Кое-как удалось уговорить его лечь спать. Наутро Винокуров старался не вспоминать своих речей; однако общее настроение с того дня совершенно переломилось. Мы всерьез начали считать Мухина погибшим.
Наступление на Шринхар планировалось с учетом тех данных, которые у нас имелись. Первая колоннадолжна была двинуться через пустыню на север, оставляя оазис Клай слева. Мятежники не успели добраться до Клая, так что к услугам армии были четыре колодца по меньшей мере.
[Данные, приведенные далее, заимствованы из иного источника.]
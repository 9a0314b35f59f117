-- ===== src/Engine/Receive.antt =====
-- What the receiving methods of the engine do on a stream that starts with a well-formed message.
use zigbee_remote.Prelude.{
  ℕ, ◌^◌, ◌≤◌, ◌<◌, ◌≡◌, refl, sym, ap, ◌∙◌, true, false, none, some, List, [], ◌∷◌, ◌++◌, arith,
  Bool-cases, inl, inr, length, take, drop, length-append, take-append_at, drop-append_at,
}
use zigbee_remote.Fd.{Fd, read_all}
use zigbee_remote.Fd.Stream.{
  incoming, read_all_enough, read_all_lacking, read_all-sent, read_all-grants,
}
use zigbee_remote.Protocol.Endian.{from_le32-to_le32}
use zigbee_remote.Protocol.Codes.{k_magic, ErrorCode}
use zigbee_remote.Protocol.Payloads.{WireType, IsWireSafe}
use zigbee_remote.Engine.{
  Engine, header_of_bytes, frame_header, check_header, receive_header, receive_payload,
}

-- `e'` is `e` after a read that leaves `rest` in the stream, sends nothing and reports no error.
pub record Consumed (e e' : Engine) (rest : List ℕ) : Type 0 where
  pub left : incoming e'.fd ≡ rest
  pub sent : e'.fd.sent ≡ e.fd.sent
  pub grants : e'.fd.grants ≡ e.fd.grants
  pub no_error : e'.last_error ≡ ErrorCode.none

pub read_all_front :
    (fd : Fd) (front rest : List ℕ) (size : ℕ)
    → incoming fd ≡ front ++ rest
    → size ≡ length front
    → ((read_all fd size).0 ≡ some front) × (incoming (read_all fd size).1 ≡ rest)
read_all_front fd front rest size e n =
    let (bytes, left) = read_all_enough fd size (rw e (omega (arith, length-append front rest))) in
    (
      bytes
          ∙ ap (λ (l : List ℕ). some (take size l)) e
          ∙ ap some (take-append_at size front rest n),
      left ∙ ap (λ (l : List ℕ). drop size l) e ∙ drop-append_at size front rest n,
    )

check_header_frame :
    (id size : ℕ) (fd : Fd)
    → id < 2 ^ 32
    → size ≤ 64
    → check_header (header_of_bytes (frame_header id size)) fd
      ≡ (some (record { id = id; size = size }), record { fd = fd; last_error = ErrorCode.none })
unfolding check_header
check_header_frame id size fd hid hsize =
    ground (arith, from_le32-to_le32 k_magic, from_le32-to_le32 id, from_le32-to_le32 size)

pub receive_header_read :
    (e : Engine) (bs : List ℕ)
    → (read_all e.fd 12).0 ≡ some bs
    → receive_header e ≡ check_header (header_of_bytes bs) (read_all e.fd 12).1
unfolding receive_header
receive_header_read e bs h = rw (h, receive_header)

-- Fewer than twelve bytes are no header, and no error of the protocol either.
pub receive_header_short :
    (e : Engine)
    → length (incoming e.fd) < 12
    → receive_header e ≡ (none, record { fd = (read_all e.fd 12).1; last_error = ErrorCode.none })
unfolding receive_header
receive_header_short e h = rw (read_all_lacking e.fd 12 h, receive_header)

-- A header with the magic, a 32-bit identifier and a size of 64 at most is received as it was
-- sent: its twelve bytes are taken, nothing is written, and no error is left.
pub receive_header_frame :
    (e : Engine) (id size : ℕ) (rest : List ℕ)
    → incoming e.fd ≡ frame_header id size ++ rest
    → id < 2 ^ 32
    → size ≤ 64
    → ((receive_header e).0 ≡ some (record { id = id; size = size }))
      × Consumed e (receive_header e).1 rest
receive_header_frame e id size rest h hid hsize =
    let (bytes, left) = read_all_front e.fd (frame_header id size) rest 12 h refl in
    rw
      (
        receive_header_read e (frame_header id size) bytes,
        check_header_frame id size (read_all e.fd 12).1 hid hsize,
      )
      (
        refl,
        record {
          left = left;
          sent = read_all-sent e.fd 12;
          grants = read_all-grants e.fd 12;
          no_error = refl;
        },
      )

module _ {T : Type 0} (w : WireType T) where
  receive_payload_read :
      (e : Engine) (id : ℕ) (bs : List ℕ)
      → w.is_empty ≡ false
      → (read_all e.fd w.size).0 ≡ some bs
      → receive_payload w (record { id = id; size = w.size }) e
        ≡ (some (w.decode bs), record e { fd = (read_all e.fd w.size).1 })
  unfolding receive_payload
  receive_payload_read e id bs nonempty h = ground arith

  receive_payload_nothing :
      (e : Engine) (id : ℕ)
      → w.is_empty ≡ true
      → w.size ≡ 0
      → receive_payload w (record { id = id; size = w.size }) e ≡ (some (w.decode []), e)
  unfolding receive_payload
  receive_payload_nothing e id empty zero_size = ground arith

  -- The bytes of a value of a wire-safe type, announced with their size and with no error
  -- recorded, are received as that value: exactly they are taken, nothing is written, and no error
  -- is left.
  pub receive_payload_frame :
      IsWireSafe w
      → (e : Engine) (id : ℕ) (x : T) (rest : List ℕ) → w.fits x ≡ true
      → e.last_error ≡ ErrorCode.none
      → incoming e.fd ≡ w.encode x ++ rest
      → ((receive_payload w (record { id = id; size = w.size }) e).0 ≡ some x)
        × Consumed e (receive_payload w (record { id = id; size = w.size }) e).1 rest
  receive_payload_frame safe e id x rest fit clean h = elim (Bool-cases w.is_empty) [
    | inl empty ↦
        let zero_size = safe.empty_size empty in
        let no_bytes : w.encode x ≡ [] =
          empty_list (w.encode x) (safe.length-encode x fit ∙ zero_size) in
        rw (receive_payload_nothing e id empty zero_size) (
          ap (λ (l : List ℕ). some (w.decode l)) (sym no_bytes)
              ∙ ap some (safe.decode-encode x fit),
          record {
            left = h ∙ ap (λ (l : List ℕ). l ++ rest) no_bytes;
            sent = refl;
            grants = refl;
            no_error = clean;
          },
        )
    | inr nonempty ↦
        let (bytes, left) =
          read_all_front e.fd (w.encode x) rest w.size h (sym (safe.length-encode x fit)) in
        rw (receive_payload_read e id (w.encode x) nonempty bytes) (
          ap some (safe.decode-encode x fit),
          record {
            left = left;
            sent = read_all-sent e.fd w.size;
            grants = read_all-grants e.fd w.size;
            no_error = clean;
          },
        )
  ]
    where
      empty_list : (l : List ℕ) → length l ≡ 0 → l ≡ []
      empty_list [] e = refl
      empty_list (a ∷ l) e = absurd (omega arith)
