-- ===== src/Engine/Exchange.antt =====
-- The two halves of one remote call: what `invoke_one` does with a request, and what `call` makes
-- of the response.
use mathlib.Core.Path.{subst}
use zigbee_remote.Prelude.{
  ℕ, ◌≡◌, sym, ap, ◌∙◌, true, false, some, List, ◌++◌, append_assoc, arith, ◌==◌,
}
use zigbee_remote.Fd.Stream.{stream, incoming}
use zigbee_remote.Fd.Output.{IsOpen}
use zigbee_remote.Protocol.ApiId
use zigbee_remote.Protocol.Codes.{ErrorCode}
use zigbee_remote.Protocol.Desc.{RpcDesc, IsDesc}
use zigbee_remote.Engine.{Engine, FrameHeader, frame_header, receive_header, receive_payload, send}
use zigbee_remote.Engine.Receive.{receive_header_frame, receive_payload_frame}
use zigbee_remote.Engine.Send.{message, send_open}
use zigbee_remote.Engine.Rpc.{
  no_match, handled, receive_reply, receive_response, call, answer, invoke_one,
}

pair_eq : {A B : Type 0} (p : A × B) (a : A) → p.0 ≡ a → p ≡ (a, p.1)
pair_eq p a e = λ i. (e i, p.1)

module _ {Req Resp : Type 0} (desc : RpcDesc Req Resp) where
  -- The headers that announce a request and a response.
  abbrev pub request_header : FrameHeader
  request_header = record { id = desc.id; size = desc.req.size }

  abbrev pub response_header : FrameHeader
  response_header = record { id = desc.id; size = desc.resp.size }

  invoke_one_read :
      {W : Type 0} (function : Req → W → Resp × W) (r : Req) (e : Engine) (w : W)
      → (receive_payload desc.req request_header e).0 ≡ some r
      → invoke_one desc function request_header e w
        ≡ answer desc function r (receive_payload desc.req request_header e).1 w
  unfolding invoke_one
  invoke_one_read function r e w h = ground arith

  pub invoke_one_other :
      {W : Type 0} (function : Req → W → Resp × W) (h : FrameHeader) (e : Engine) (w : W)
      → (h.id == desc.id) ≡ false
      → invoke_one desc function h e w ≡ (no_match, e, w)
  unfolding invoke_one
  invoke_one_other function h e w other = ground arith

  answer_sent :
      {W : Type 0} (function : Req → W → Resp × W) (r : Req) (e : Engine) (w : W)
      → (send desc.resp desc.id (function r w).0 e).0 ≡ true
      → answer desc function r e w
        ≡ (handled, (send desc.resp desc.id (function r w).0 e).1, (function r w).1)
  unfolding answer
  answer_sent function r e w h = ground arith

  receive_reply_match :
      (e : Engine)
      → (desc.id == ApiId.error) ≡ false
      → receive_reply desc response_header e ≡ receive_payload desc.resp response_header e
  unfolding receive_reply
  receive_reply_match e h = ground arith

  pub receive_response-some :
      (e : Engine) (h : FrameHeader)
      → (receive_header e).0 ≡ some h
      → receive_response desc e ≡ receive_reply desc h (receive_header e).1
  unfolding receive_response
  receive_response-some e h eq = ground arith

  pub call_sent :
      (r : Req) (e : Engine)
      → (send desc.req desc.id r e).0 ≡ true
      → call desc r e ≡ receive_response desc (send desc.req desc.id r e).1
  unfolding call
  call_sent r e h = ground arith

-- `e'` is `e` after one message taken from the input and one put into the output.
pub record Exchanged (e e' : Engine) (rest bytes : List ℕ) : Type 0 where
  pub left : incoming e'.fd ≡ rest
  pub sent : e'.fd.sent ≡ e.fd.sent ++ bytes
  pub still_open : IsOpen e'.fd.grants
  pub no_error : e'.last_error ≡ ErrorCode.none

module _ {Req Resp : Type 0} (desc : RpcDesc Req Resp) (valid : IsDesc desc) where
  -- Where the request of a valid call is next in the input, no error is recorded and no write
  -- fails, `invoke_one` runs its handler once on that request, appends its response to the output
  -- and leaves the input behind the request.
  pub invoke_one_answers :
      {W : Type 0} (function : Req → W → Resp × W) (r : Req) (e : Engine) (w : W) (rest : List ℕ)
      → desc.req.fits r ≡ true
      → desc.resp.fits (function r w).0 ≡ true
      → e.last_error ≡ ErrorCode.none
      → IsOpen e.fd.grants
      → incoming e.fd ≡ desc.req.encode r ++ rest
      → (e' : Engine) × (invoke_one desc function (request_header desc) e w
          ≡ (handled, e', (function r w).1))
        × Exchanged e e' rest (message desc.resp desc.id (function r w).0)
  invoke_one_answers function r e w rest fit_req fit_resp clean writable h =
      let (got, took) =
        receive_payload_frame desc.req valid.req_safe e desc.id r rest fit_req clean h in
      let e1 = (receive_payload desc.req (request_header desc) e).1 in
      let x = (function r w).0 in
      let still = subst IsOpen (sym took.grants) writable in
      let (done, wrote) = send_open desc.resp valid.resp_safe desc.id x e1 fit_resp still in
      (
        (send desc.resp desc.id x e1).1,
        invoke_one_read desc function r e w got ∙ answer_sent desc function r e1 w done,
        record {
          left = ap stream wrote.arrivals ∙ took.left;
          sent = wrote.sent ∙ ap (λ (l : List ℕ). l ++ message desc.resp desc.id x) took.sent;
          still_open = wrote.still_open;
          no_error = wrote.last_error ∙ took.no_error;
        },
      )

  -- Where the response of a valid call is next in the input and no write fails, `call` returns
  -- that response, having appended exactly the request to the output, and leaves the input behind
  -- the response.
  pub call_returns :
      (r : Req) (x : Resp) (e : Engine) (rest : List ℕ)
      → desc.req.fits r ≡ true
      → desc.resp.fits x ≡ true
      → IsOpen e.fd.grants
      → incoming e.fd ≡ message desc.resp desc.id x ++ rest
      → (e' : Engine) × (call desc r e ≡ (some x, e'))
        × Exchanged e e' rest (message desc.req desc.id r)
  call_returns r x e rest fit_req fit_resp writable h =
      let (done, wrote) = send_open desc.req valid.req_safe desc.id r e fit_req writable in
      let e1 = (send desc.req desc.id r e).1 in
      let h1 =
        ap stream wrote.arrivals ∙ h ∙ append_assoc (frame_header desc.id desc.resp.size) _ rest in
      let (header, took) =
        receive_header_frame e1 desc.id desc.resp.size (desc.resp.encode x ++ rest) h1 valid.id_fits
          valid.resp_safe.size_limit in
      let e2 = (receive_header e1).1 in
      let (got, took') =
        receive_payload_frame desc.resp valid.resp_safe e2 desc.id x rest fit_resp took.no_error
          took.left in
      let e3 = (receive_payload desc.resp (response_header desc) e2).1 in
      (
        e3,
        call_sent desc r e done
            ∙ receive_response-some desc e1 (response_header desc) header
            ∙ receive_reply_match desc e2 valid.not_error
            ∙ pair_eq _ (some x) got,
        record {
          left = took'.left;
          sent = took'.sent ∙ took.sent ∙ wrote.sent;
          still_open = subst IsOpen (sym (took'.grants ∙ took.grants)) wrote.still_open;
          no_error = took'.no_error;
        },
      )
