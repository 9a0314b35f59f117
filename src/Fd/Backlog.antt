-- ===== src/Fd/Backlog.antt =====
-- How many bytes can still arrive: what bounds the number of frames that a connection can bring.
use zigbee_remote.Prelude.{
  ℕ, ◌+◌, ◌-◌, ◌≤◌, ◌≡◌, some, List, [], ◌∷◌, ◌++◌, arith, length, length-drop,
}
use zigbee_remote.Fd.{Arrival, segment, Fd, read_loop, read_all}

unfoldable pub backlog : List Arrival → ℕ
backlog [] = 0
backlog (segment bs ∷ rest) = length bs + backlog rest
backlog (Arrival.interrupted ∷ rest) = backlog rest
backlog (Arrival.fault ∷ rest) = backlog rest

read_loop-backlog :
    (ins : List Arrival) (size : ℕ) (got bytes : List ℕ)
    → (read_loop ins size got).0 ≡ some bytes
    → backlog (read_loop ins size got).1 + size ≤ backlog ins
unfolding read_loop backlog
read_loop-backlog [] size got bytes h = ground arith
read_loop-backlog (segment bs ∷ rest) size got bytes h =
    ground (arith, read_loop-backlog rest (size - length bs) (got ++ bs) bytes, length-drop size bs)
read_loop-backlog (Arrival.interrupted ∷ rest) size got bytes h =
    ground (arith, read_loop-backlog rest size got bytes)
read_loop-backlog (Arrival.fault ∷ rest) size got bytes h = ground arith

read_loop-backlog_le :
    (ins : List Arrival) (size : ℕ) (got : List ℕ)
    → backlog (read_loop ins size got).1 ≤ backlog ins
unfolding read_loop backlog
read_loop-backlog_le [] size got = ground arith
read_loop-backlog_le (segment bs ∷ rest) size got =
    ground (arith, read_loop-backlog_le rest (size - length bs) (got ++ bs), length-drop size bs)
read_loop-backlog_le (Arrival.interrupted ∷ rest) size got =
    ground (arith, read_loop-backlog_le rest size got)
read_loop-backlog_le (Arrival.fault ∷ rest) size got = ground arith

pub read_all-backlog :
    (fd : Fd) (size : ℕ) (bytes : List ℕ)
    → (read_all fd size).0 ≡ some bytes
    → backlog (read_all fd size).1.arrivals + size ≤ backlog fd.arrivals
unfolding read_all
read_all-backlog fd size bytes h = read_loop-backlog fd.arrivals size [] bytes h

pub read_all-backlog_le :
    (fd : Fd) (size : ℕ) → backlog (read_all fd size).1.arrivals ≤ backlog fd.arrivals
unfolding read_all
read_all-backlog_le fd size = read_loop-backlog_le fd.arrivals size []
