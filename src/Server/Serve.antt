-- ===== src/Server/Serve.antt =====
-- `serve_client` of zb_rpc_server/main/rpc_server.cpp.
use zigbee_remote.Prelude.{ℕ, zero, suc, Bool, true, false, Option, none, some}
use zigbee_remote.Prelude.Int.{pos, negsuc}
use zigbee_remote.Fd.{Fd}
use zigbee_remote.Fd.Backlog.{backlog}
use zigbee_remote.Protocol.Codes.{ErrorCode}
use zigbee_remote.Engine.{Engine, receive_header}
use zigbee_remote.Engine.Rpc.{report_error}
use zigbee_remote.Server.Handlers.{Firmware, Server, firmware_call}
use zigbee_remote.Server.Dispatch.{dispatch}

module _ {W : Type 0} (fw : Firmware W) where
  -- One frame: the header, or the error report that ends the connection, and the dispatch.
  unfoldable pub serve_frame : Engine → Server W → Bool × Engine × Server W
  serve_frame e s =
      let (header, e') = receive_header e in
      elim header [ none ↦ (false, report_error e', s) | some h ↦ dispatch fw h e' s ]

  -- `while (ppp_uart_is_connected())`; `none` means that the fuel ran out.
  unfoldable pub serve_loop : ℕ → Engine → Server W → Option (Engine × Server W)
  unfolding serve_frame
  serve_loop zero e s = none
  serve_loop (suc fuel) e s =
      let (up, s1) = firmware_call fw.ppp_uart_is_connected s in
      elim up [
        | false ↦ some (e, s1)
        | true ↦
            let (goes_on, e2, s2) = serve_frame e s1 in
            elim goes_on [ false ↦ some (e2, s2) | true ↦ serve_loop fuel e2 s2 ]
      ]

  -- The fuel is more than the bytes that can still arrive, and each frame takes twelve at least.
  unfoldable pub serve_client : ℕ → Fd → Server W → Option (Engine × Server W)
  unfolding serve_loop
  serve_client client_fd fd s =
      let served =
        serve_loop (suc (backlog fd.arrivals)) (record { fd = fd; last_error = ErrorCode.none })
          (record s { s_client_fd = pos client_fd }) in
      elim served [ none ↦ none | some (e, s') ↦ some (e, record s' { s_client_fd = negsuc 0 }) ]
Второй колонне предстояло идти на северо-запад, минуя другой оазис, Сантрой; здесь обстояло чуть менее благополучно, но все же мы надеялись на свободный проход.
За день до выступления наши ближние разведчики встретили в пустыне, в полудне пути от расположения полка, диких варучан. С “ватрушками” не стали ни разговаривать, ни церемониться, поскольку с первого взгляда увидели, что это враги. Их лица были раскрашены синим, красные вертикальные полосы рассекали щеки и лоб, а одежды нарочно были изорваны и свисали клочьями. Оба были босы – еще один признак враждебности намерений. Варучане считают, что босой человек не может долго стоять на раскаленном песке, поэтому, сняв обувь, варучанский воин показывает свою готовность бежать вперед.